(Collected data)
···
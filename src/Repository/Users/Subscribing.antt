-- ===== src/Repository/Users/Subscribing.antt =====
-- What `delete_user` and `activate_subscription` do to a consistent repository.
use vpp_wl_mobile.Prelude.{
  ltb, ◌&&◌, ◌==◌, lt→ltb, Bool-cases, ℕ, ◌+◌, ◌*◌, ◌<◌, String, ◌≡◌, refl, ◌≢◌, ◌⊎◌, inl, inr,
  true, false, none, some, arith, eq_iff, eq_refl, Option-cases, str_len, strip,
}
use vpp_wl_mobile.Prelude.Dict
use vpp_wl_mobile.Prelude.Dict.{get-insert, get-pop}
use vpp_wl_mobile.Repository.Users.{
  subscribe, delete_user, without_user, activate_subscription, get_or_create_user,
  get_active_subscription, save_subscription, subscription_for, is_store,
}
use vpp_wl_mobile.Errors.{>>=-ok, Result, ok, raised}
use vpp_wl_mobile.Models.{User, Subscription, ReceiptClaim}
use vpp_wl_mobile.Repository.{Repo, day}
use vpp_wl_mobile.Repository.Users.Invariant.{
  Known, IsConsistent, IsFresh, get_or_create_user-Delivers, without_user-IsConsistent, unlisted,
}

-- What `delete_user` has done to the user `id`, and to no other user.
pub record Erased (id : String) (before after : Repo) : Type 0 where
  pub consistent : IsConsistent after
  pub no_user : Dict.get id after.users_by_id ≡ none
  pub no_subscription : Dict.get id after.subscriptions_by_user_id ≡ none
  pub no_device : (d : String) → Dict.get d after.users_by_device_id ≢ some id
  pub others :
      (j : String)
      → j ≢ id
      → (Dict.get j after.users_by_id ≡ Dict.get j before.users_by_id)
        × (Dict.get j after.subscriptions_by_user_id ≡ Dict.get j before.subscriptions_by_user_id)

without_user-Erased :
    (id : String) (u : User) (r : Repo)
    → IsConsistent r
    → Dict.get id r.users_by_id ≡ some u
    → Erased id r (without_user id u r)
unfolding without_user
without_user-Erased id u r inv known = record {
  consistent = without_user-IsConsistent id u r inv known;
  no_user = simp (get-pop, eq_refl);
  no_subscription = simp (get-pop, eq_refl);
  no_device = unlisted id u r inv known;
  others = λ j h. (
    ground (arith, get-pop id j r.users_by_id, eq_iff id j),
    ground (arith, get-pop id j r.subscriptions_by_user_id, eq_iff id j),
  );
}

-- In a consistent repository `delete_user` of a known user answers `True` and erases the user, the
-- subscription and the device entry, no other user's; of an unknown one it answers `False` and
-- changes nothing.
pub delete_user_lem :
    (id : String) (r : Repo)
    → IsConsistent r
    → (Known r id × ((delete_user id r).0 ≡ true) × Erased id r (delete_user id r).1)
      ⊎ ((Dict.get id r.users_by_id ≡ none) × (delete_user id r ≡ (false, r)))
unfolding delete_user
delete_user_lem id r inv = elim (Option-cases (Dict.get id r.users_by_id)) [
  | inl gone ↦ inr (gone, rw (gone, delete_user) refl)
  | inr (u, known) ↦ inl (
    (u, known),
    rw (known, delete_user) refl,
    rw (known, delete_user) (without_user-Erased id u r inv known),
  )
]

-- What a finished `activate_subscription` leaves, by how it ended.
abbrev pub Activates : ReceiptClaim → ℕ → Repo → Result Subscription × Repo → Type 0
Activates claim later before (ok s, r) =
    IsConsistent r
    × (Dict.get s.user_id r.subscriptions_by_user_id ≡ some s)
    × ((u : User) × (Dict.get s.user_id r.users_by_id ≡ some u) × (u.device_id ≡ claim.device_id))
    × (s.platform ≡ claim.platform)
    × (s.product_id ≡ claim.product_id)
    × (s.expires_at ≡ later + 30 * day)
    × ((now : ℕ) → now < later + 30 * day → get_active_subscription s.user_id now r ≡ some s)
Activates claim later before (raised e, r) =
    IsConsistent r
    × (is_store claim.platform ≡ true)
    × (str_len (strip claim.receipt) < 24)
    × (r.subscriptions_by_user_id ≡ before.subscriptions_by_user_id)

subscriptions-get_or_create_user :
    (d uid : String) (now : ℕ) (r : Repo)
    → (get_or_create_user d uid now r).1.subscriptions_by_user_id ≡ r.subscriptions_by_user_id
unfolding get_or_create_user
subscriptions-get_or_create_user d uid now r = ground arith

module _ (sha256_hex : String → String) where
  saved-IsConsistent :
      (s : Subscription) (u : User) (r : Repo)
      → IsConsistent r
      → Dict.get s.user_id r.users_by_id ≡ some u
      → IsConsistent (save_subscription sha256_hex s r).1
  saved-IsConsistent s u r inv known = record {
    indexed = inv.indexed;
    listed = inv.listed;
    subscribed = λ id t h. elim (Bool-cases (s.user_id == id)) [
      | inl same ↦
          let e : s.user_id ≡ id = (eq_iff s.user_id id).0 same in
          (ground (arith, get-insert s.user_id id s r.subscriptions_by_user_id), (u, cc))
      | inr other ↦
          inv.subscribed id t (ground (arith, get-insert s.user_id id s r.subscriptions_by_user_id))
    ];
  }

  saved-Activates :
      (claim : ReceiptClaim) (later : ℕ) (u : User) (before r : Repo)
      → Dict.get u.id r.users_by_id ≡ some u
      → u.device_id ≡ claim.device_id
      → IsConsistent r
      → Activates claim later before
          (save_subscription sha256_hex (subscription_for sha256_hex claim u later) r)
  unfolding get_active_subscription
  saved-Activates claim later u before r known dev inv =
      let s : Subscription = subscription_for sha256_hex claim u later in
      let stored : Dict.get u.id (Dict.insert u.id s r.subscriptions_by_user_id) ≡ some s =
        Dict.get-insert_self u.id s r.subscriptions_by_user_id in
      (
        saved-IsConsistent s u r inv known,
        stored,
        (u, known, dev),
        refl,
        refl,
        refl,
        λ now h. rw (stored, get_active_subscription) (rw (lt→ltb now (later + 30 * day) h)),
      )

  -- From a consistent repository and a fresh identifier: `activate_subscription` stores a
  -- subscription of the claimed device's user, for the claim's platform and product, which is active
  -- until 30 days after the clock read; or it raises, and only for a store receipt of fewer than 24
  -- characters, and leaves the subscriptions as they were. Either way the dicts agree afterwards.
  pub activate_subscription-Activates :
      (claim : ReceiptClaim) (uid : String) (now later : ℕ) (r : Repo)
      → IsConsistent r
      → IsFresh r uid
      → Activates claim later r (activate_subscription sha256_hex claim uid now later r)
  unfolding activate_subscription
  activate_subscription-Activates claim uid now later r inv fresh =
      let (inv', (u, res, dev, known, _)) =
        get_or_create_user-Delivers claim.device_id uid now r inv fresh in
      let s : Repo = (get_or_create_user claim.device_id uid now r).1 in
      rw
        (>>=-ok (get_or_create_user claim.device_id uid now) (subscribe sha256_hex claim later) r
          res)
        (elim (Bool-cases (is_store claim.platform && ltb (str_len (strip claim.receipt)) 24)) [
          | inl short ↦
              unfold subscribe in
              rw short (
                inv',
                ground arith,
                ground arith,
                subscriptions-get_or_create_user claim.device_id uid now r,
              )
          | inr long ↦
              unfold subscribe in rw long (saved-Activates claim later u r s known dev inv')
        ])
···
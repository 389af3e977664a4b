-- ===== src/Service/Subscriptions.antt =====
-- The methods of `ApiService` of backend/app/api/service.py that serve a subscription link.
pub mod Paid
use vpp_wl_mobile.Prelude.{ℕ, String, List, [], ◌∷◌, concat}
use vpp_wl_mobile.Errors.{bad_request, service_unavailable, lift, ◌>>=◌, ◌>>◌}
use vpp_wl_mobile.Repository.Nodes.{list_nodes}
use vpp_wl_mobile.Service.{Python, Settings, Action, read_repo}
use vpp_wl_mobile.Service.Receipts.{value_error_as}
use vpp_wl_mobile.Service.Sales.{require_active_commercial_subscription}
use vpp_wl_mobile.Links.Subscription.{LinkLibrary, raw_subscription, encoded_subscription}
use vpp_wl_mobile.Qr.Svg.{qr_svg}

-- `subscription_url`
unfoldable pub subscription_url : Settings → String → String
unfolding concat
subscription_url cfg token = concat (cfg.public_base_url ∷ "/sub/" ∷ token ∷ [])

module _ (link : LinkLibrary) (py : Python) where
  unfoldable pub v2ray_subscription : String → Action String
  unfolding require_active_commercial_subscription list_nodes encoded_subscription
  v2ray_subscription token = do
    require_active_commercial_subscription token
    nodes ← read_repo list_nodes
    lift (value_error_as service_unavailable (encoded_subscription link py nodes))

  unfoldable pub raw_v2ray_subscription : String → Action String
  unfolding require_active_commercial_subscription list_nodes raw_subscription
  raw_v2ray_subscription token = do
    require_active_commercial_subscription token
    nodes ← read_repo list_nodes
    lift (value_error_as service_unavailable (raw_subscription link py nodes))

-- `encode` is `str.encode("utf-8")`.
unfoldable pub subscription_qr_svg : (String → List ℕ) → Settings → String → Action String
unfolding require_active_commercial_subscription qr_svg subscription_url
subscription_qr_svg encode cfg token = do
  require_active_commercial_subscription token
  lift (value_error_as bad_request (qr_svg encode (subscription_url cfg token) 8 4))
···
Exercise details =>
Please transcribe exactly the lines above from the line that has "(gone, delete_user) refl)" up to and including the line that has "Activates claim later before (ok"; no other line belongs in the answer.

Answer to the problem =>
  | inl gone ↦ inr (gone, rw (gone, delete_user) refl)
  | inr (u, known) ↦ inl (
    (u, known),
    rw (known, delete_user) refl,
    rw (known, delete_user) (without_user-Erased id u r inv known),
  )
]

-- What a finished `activate_subscription` leaves, by how it ended.
abbrev pub Activates : ReceiptClaim → ℕ → Repo → Result Subscription × Repo → Type 0
Activates claim later before (ok s, r) =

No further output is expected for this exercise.